Data security is a key focus for organizations moving their data warehouses from on-premises to cloud-first systems, such as BigQuery. In addition to storage-level encryption, whether using Google-managed or customer-managed keys, BigQuery also provides column-level encryption. Using BigQuery’s SQL AEAD functions, organizations can enforce a more granular level of encryption to help protect sensitive customer data, such as government identity or credit card numbers, and help comply with security requirements.
While BigQuery provides column-level encryption in the cloud, many organizations operate in hybrid-cloud environments. To prevent a scenario where data needs to be decrypted and re-encrypted each time it moves between locations, Google Cloud offers a consistent and interoperable encryption mechanism. This enables deterministically-encrypted data (which maintains referential integrity) to be immediately joined with on-prem tables for anonymized analytics.
To achieve a BigQuery-compatible encryption on-prem, customers can use Tink, a Google-developed open-source cryptography library. BigQuery uses Tink to implement its SQL AEAD functions. We can use the Tink library directly to encrypt data on-prem in a way that can later be decrypted using BigQuery SQL in the cloud, and decrypt BigQuery’s column level-encrypted data outside of BigQuery.
For Google customers who want to use Tink with BigQuery, we have put together a few helpful Python utilities and samples in the BigQuery Tink Toolkit GitHub repo. Let’s first walk through an example of how to use Tink directly to encrypt or decrypt on-prem data using the same keyset used for BigQuery, followed by how the BigQuery Tink Toolkit can help simplify working with Tink.
To start, Google need to retrieve the Tink keyset. We’ll assume that KMS-wrapped keysets are being used. These keysets need to be stored in BigQuery to use with BigQuery SQL. If needed, they can also be replicated to a secondary store on-prem.lang-py
from google.cloud import bigquery, kms
bq_client = bigquery.Client()
query_job = bq_client.query("""SELECT kms_resource_path, wrapped_keyset, associated_data FROM `my-keysets-table` WHERE column_name = "my-pii-column";""")
result_row = query_job.result()
Now that we have the encrypted keyset, we need to unwrap it to retrieve the usable Tink keyset. If Cloud KMS is not accessible from on-prem, the unwrapped keyset will need to be maintained in a secure keystore on-prem.lang-py
kms_client = kms.KeyManagementServiceClient()
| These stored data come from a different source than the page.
-- ===== src/Drivers/Uart/Wire.antt =====
-- What `printf` of src/printf.c makes src/qcom_uart.c send.
use qcom_ipq_aux_loader.Base.{
  ℕ, ◌%◌, ◌^◌, Bool-cases, inl, inr, ◌==◌, if◌then◌else◌, ◌≡◌, refl, ◌∙◌, List, [], ◌∷◌, some, u32,
  All,
}
use qcom_ipq_aux_loader.Machine.Run.{Event, Machine, Run, ok}
use qcom_ipq_aux_loader.Printf.Format.{Arg, with_returns}
use qcom_ipq_aux_loader.Printf.Format.Typed.{IsWord}
use qcom_ipq_aux_loader.Printf.Reference.{Template, format, IsTemplate, render}
use qcom_ipq_aux_loader.Printf.Reference.Agrees.{printf-render}
use qcom_ipq_aux_loader.Drivers.Uart.{
  Block, uart, dm_sr, dm_tf, tx_word, serial_putc, serial_puts, serial_printf,
}
use qcom_ipq_aux_loader.Drivers.Uart.Transmits.{Responds, sent, orderly, put_character-Sends}

-- The word for a character: with a carriage return in its second byte for a line feed.
abbrev pub word_for : ℕ → ℕ
word_for c = if c == 10 then 0x0d0a else c % 2 ^ 32

tx_word_lem : (c : ℕ) → u32 (tx_word c) ≡ word_for c
unfolding tx_word
tx_word_lem c = elim (Bool-cases (c == 10)) [ inl e ↦ rw e refl | inr e ↦ rw e refl ]

-- The words for a text in front of those sent before, newest first.
abbrev pub onto : List ℕ → List ℕ → List ℕ
onto [] words = words
onto (c ∷ s) words = onto s (word_for c ∷ words)

-- A run that returns, has sent a text and nothing else, each word directly behind a status that
-- announced space, and has changed the trace alone.
abbrev pub Transmits : Block → ℕ → List ℕ → Machine → Run (Unit {0}) → Type 0
Transmits block base s m r =
    (events : List Event) × (r ≡ ok tt (record m { trace = events }))
    × (sent (dm_tf block base 0) events ≡ onto s (sent (dm_tf block base 0) m.trace))
    × (orderly (dm_tf block base 0) (dm_sr block base) events
        ≡ orderly (dm_tf block base 0) (dm_sr block base) m.trace)

serial_puts-Transmits :
    (block : Block) (base reads : ℕ) (s : List ℕ) (m : Machine)
    → Responds m.device reads block base
    → Transmits block base s m (serial_puts reads (uart block base) s m)
unfolding serial_puts serial_putc
serial_puts-Transmits block base reads [] m h = (m.trace, refl, refl, refl)
serial_puts-Transmits block base reads (c ∷ s) m h =
    let (events, e, word, order) = put_character-Sends block base reads c m h in
    let (end, f, words, later) =
      serial_puts-Transmits block base reads s (record m { trace = events }) h in
    (end, rw e f, rw (word, tx_word_lem) at words, later ∙ order)

-- On a UART whose transmitter becomes ready in time, `printf` through `serial_putc` returns and has
-- sent what the reference formatter renders, with a carriage return behind each newline, and
-- nothing else: one word per character, in order, each one directly behind a status that announced
-- space. Of the machine only the trace changes. The format and its arguments are those that the
-- reference describes: a text of IsTemplate with arguments that it can render.
pub serial_printf-Transmits :
    (block : Block) (base reads : ℕ) (t : Template) (args : List Arg) (out : List ℕ) (m : Machine)
    → Responds m.device reads block base
    → IsTemplate t
    → All IsWord args
    → render t args ≡ some out
    → Transmits block base
        (with_returns out)
        m
        (serial_printf reads (uart block base) (format t) args m)
unfolding serial_printf
serial_printf-Transmits block base reads t args out m h plain words e =
    rw (printf-render t args out plain words e, serial_printf)
      (serial_puts-Transmits block base reads (with_returns out) m h)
decrypted_keyset_obj = kms_client.decrypt(
{
"name": result_row.kms_resource_path.split("gcp-kms://")[1],
"ciphertext": result_row.wrapped_keyset,
}
)
keyset = decrypted_keyset_obj.plaintext
Google can now use the keyset to generate a Tink primitive. This can be used to encrypt or decrypt data with the associated keyset. Note that different primitives should be used depending on whether the keyset is for a deterministic or nondeterministic key.lang-py
import tink
from tink import aead, cleartext_keyset_handle, daead
binary_keyset_reader = tink.BinaryKeysetReader(keyset)
keyset_handle = cleartext_keyset_handle.read(binary_keyset_reader)
# If using a determinisitic keyset:
daead.register()
cipher = keyset_handle.primitive(daead.DeterministicAead)
# If using a nondeterministic keyset instead:
aead.register()
cipher = keyset_handle.primitive(aead.Aead)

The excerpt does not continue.